Ultra-relativistic gas What is the physical significance of the relation $E=3NkT$ for classical ultra-relativistic gas? Why is it greater than ideal gas for which $E=(3/2)NkT$?
 A: Nice question. Sometimes we get used to a certain fact, such as equipartition with $(1/2)kT$ per degree of freedom, that we forget that it's not always true, or what assumptions are required in order to make it true. I had to refresh my memory on how equipartition works.
Basically the $(1/2)kT$ form of the equipartition theorem is a special case that only works if the energy consists of terms that are proportional to the squares of the coordinates and momenta. The 1/2  comes from the exponent in these squares.
The WP article on equipartition has a discussion of this. There is a general equipartition theorem that says that
$$\langle x \frac{\partial E}{\partial x} \rangle = kT,$$
where $x$ could be either a coordinate or a conjugate momentum. If $E$ has a term proportional to $x^m$, the partial derivative has a factor of $m$ in it. In the ultrarelativistic case, where $E\propto\sqrt{p_x^2+p_y^2+p_z^2}$, you don't actually have a dependence on the momenta (momentum components) that breaks down into terms proportional to a power of each momentum. However, I think it's pretty easy to see why we end up with the result we do, because in one dimension, we have $|\textbf{p}|=|p_x|$, which does have the right form, with an exponent of 1.

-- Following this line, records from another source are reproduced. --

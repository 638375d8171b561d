-- ===== src/System/Ends.antt =====
-- The workers give no chunk the error io.EOF (starter.go, poller.go).
use incite.Base.{
  ℕ, ◌+◌, ◌≡◌, ◌≢◌, refl, Bool, true, false, Option, none, some, List, [], ◌∷◌, ◌++◌, arith, Text,
  length, if◌then◌else◌,
}
use incite.Errors.{Error, Result, ok, err, eof, ◌>>=◌}
use incite.Stream.{Stream, Row}
use incite.Chunk.{Chunk}
use incite.Service.{
  Reply, output, failure, QueryStatus, running, failed, ServiceField, StartQueryOutput,
  GetQueryResultsOutput,
}
use incite.Starter.{starter_manipulate, start_chunk}
use incite.Poller.Translate.{
  translate_field, translate_fields, translate_result, translate_no_preview,
}
use incite.Poller.Preview.{collect, translate_preview, note_ptr, ptr_of, is_known}
use incite.Poller.{
  send_chunk_block, translate, splittable, poll_running, poll_complete, poll_status_failed,
  poll_status, poller_manipulate, with_err, with_stats, translate_stats, add_done,
}

abbrev pub not_eof : Option Error → Bool
not_eof (some eof) = false
not_eof _ = true

pub starter_manipulate-not_eof :
    (s : Stream) (reply : Reply StartQueryOutput) (c : Chunk)
    → not_eof c.err ≡ true
    → not_eof (starter_manipulate s reply c).chunk.err ≡ true
unfolding starter_manipulate start_chunk
starter_manipulate-not_eof s (output none) c h = ground (arith, h)
starter_manipulate-not_eof s (output (some q)) c h = ground (arith, h)
starter_manipulate-not_eof s (failure e) c h = ground (arith, h)

-- A result that is no error, or another error than io.EOF.
abbrev Fine {ℓ} : {A : Type ℓ} → Result A → Type 0
Fine (ok a) = Unit {0}
Fine (err e) = not_eof (some e) ≡ true

translate_field-Fine :
    (query_id text : Text) (i : ℕ) (f : Option ServiceField)
    → Fine (translate_field query_id text i f)
unfolding translate_field
translate_field-Fine query_id text i none = refl
translate_field-Fine query_id text i (some f) = ground arith

translate_fields-Fine :
    (query_id text : Text) (i : ℕ) (fs : List (Option ServiceField))
    → Fine (translate_fields query_id text i fs)
unfolding translate_fields
translate_fields-Fine query_id text i [] = tt
translate_fields-Fine query_id text i (f ∷ fs) =
    ground (
      arith,
      translate_field-Fine query_id text i f,
      translate_fields-Fine query_id text (i + 1) fs,
    )

translate_no_preview-Fine :
    (query_id text : Text) (rs : List (List (Option ServiceField)))
    → Fine (translate_no_preview query_id text rs)
unfolding translate_no_preview translate_result
translate_no_preview-Fine query_id text [] = tt
translate_no_preview-Fine query_id text (r ∷ rs) =
    ground
      (arith, translate_fields-Fine query_id text 0 r, translate_no_preview-Fine query_id text rs)

then-Fine {ℓ κ} :
    {A : Type ℓ} {B : Type κ} (r : Result A) (f : A → Result B)
    → Fine r
    → ((a : A) → Fine (f a))
    → Fine (r >>= f)
then-Fine (ok a) f h k = k a
then-Fine (err e) f h k = h

either-Fine {ℓ} :
    {A : Type ℓ} (b : Bool) (x y : Result A) → Fine x → Fine y → Fine (if b then x else y)
either-Fine true x y h k = h
either-Fine false x y h k = k

collect-Fine :
    (query_id text : Text) (seen : List Text) (rs : List (List (Option ServiceField)))
    (block : List Row) (new_ptr : List Text)
    → Fine (collect query_id text seen rs block new_ptr)
unfolding collect translate_result
collect-Fine query_id text seen [] block new_ptr = tt
collect-Fine query_id text seen (r ∷ rs) block new_ptr =
    let new_ptr' = note_ptr (ptr_of r) new_ptr in
    either-Fine (is_known (ptr_of r) seen) _ _ (collect-Fine query_id text seen rs block new_ptr') (
      then-Fine (translate_fields query_id text 0 r) _ (translate_fields-Fine query_id text 0 r)
        (λ row. collect-Fine query_id text seen rs (block ++ row ∷ []) new_ptr'))

translate-Fine :
    (order : List Text → List Text) (c : Chunk) (s : Stream)
    (results : List (List (Option ServiceField))) (ptr : Option (List Text))
    → Fine (translate order c s results ptr)
unfolding translate translate_preview
translate-Fine order c s results none =
    ground (arith, translate_no_preview-Fine c.query_id s.spec.text results)
translate-Fine order c s results (some ptr) =
    ground (arith, collect-Fine c.query_id s.spec.text ptr results [] [])

module _ (order : List Text → List Text) (failed_text : Text) where
  sent-not_eof :
      (c : Chunk) (s : Stream) (results : List (List (Option ServiceField)))
      → not_eof c.err ≡ true
      → not_eof (send_chunk_block order c s results).chunk.err ≡ true
  unfolding send_chunk_block
  sent-not_eof c s results h = ground (arith, h, translate-Fine order c s results c.ptr)

  status-not_eof :
      (status : Option QueryStatus) (c : Chunk) (s : Stream) (out : GetQueryResultsOutput)
      → not_eof (poll_status order failed_text status c s out).chunk.err ≡ true
  unfolding poll_status poll_running poll_complete poll_status_failed splittable
  status-not_eof (some running) c s out =
      ground (arith, sent-not_eof (with_err c none) s out.results refl)
  status-not_eof (some QueryStatus.complete) c s out =
      let c' = with_stats (translate_stats out.statistics) c in
      let (c'', splits) = splittable c' s (length out.results) in
      ground (arith, sent-not_eof (add_done (with_err c'' none)) s out.results refl)
  status-not_eof (some failed) c s out = ground arith
  status-not_eof _ c s out = ground arith

  pub poller_manipulate-not_eof :
      (s : Stream) (reply : Reply GetQueryResultsOutput) (c : Chunk)
      → not_eof (poller_manipulate order failed_text s reply c).chunk.err ≡ true
  unfolding poller_manipulate
  poller_manipulate-not_eof s (output out) c = ground (arith, status-not_eof out.status c s out)
  poller_manipulate-not_eof s (failure e) c = ground arith

pub not_eof-ne : (e : Option Error) → not_eof e ≡ true → e ≢ some eof
not_eof-ne e h k = ground (arith, h, k)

A: First note that the different energy relationship doesn't change the equation of state for the gas. For a classical gas with no interactions, the Hamiltonian doesn't depend on the position, so we can immediately see that the partition function $Z\sim V^N$ and therefore
$$p = \frac{\partial}{\partial V}(kT\log{Z})=\frac{NkT}{V}$$
So an ultra-relativistic gas behaves just like an ideal gas for many purposes. The difference in energy can be interpreted in terms of degrees of freedom. The $N$ atoms are in both cases free (no interactions) and carry no rotational or vibrational modes. Equipartition of energy then tells us that for the classical ideal gas each mode carries an energy $\frac{1}{2}kT$, while in the ultra-relativistic case the energy is twice as big, $kT$. This is very well explained on this Wikipedia page. The reason for the difference is essentially that $H\sim p^2$ in the ideal case, while $H\sim p$ in the ultra-relativistic case.
As to the physical consequences, the equation for the energy tells you exactly what you need: at the same temperature, an ultra-relativistic gas will have twice as much energy than an ideal gas. The reason why it's exactly two is explained by the equipartition theorem.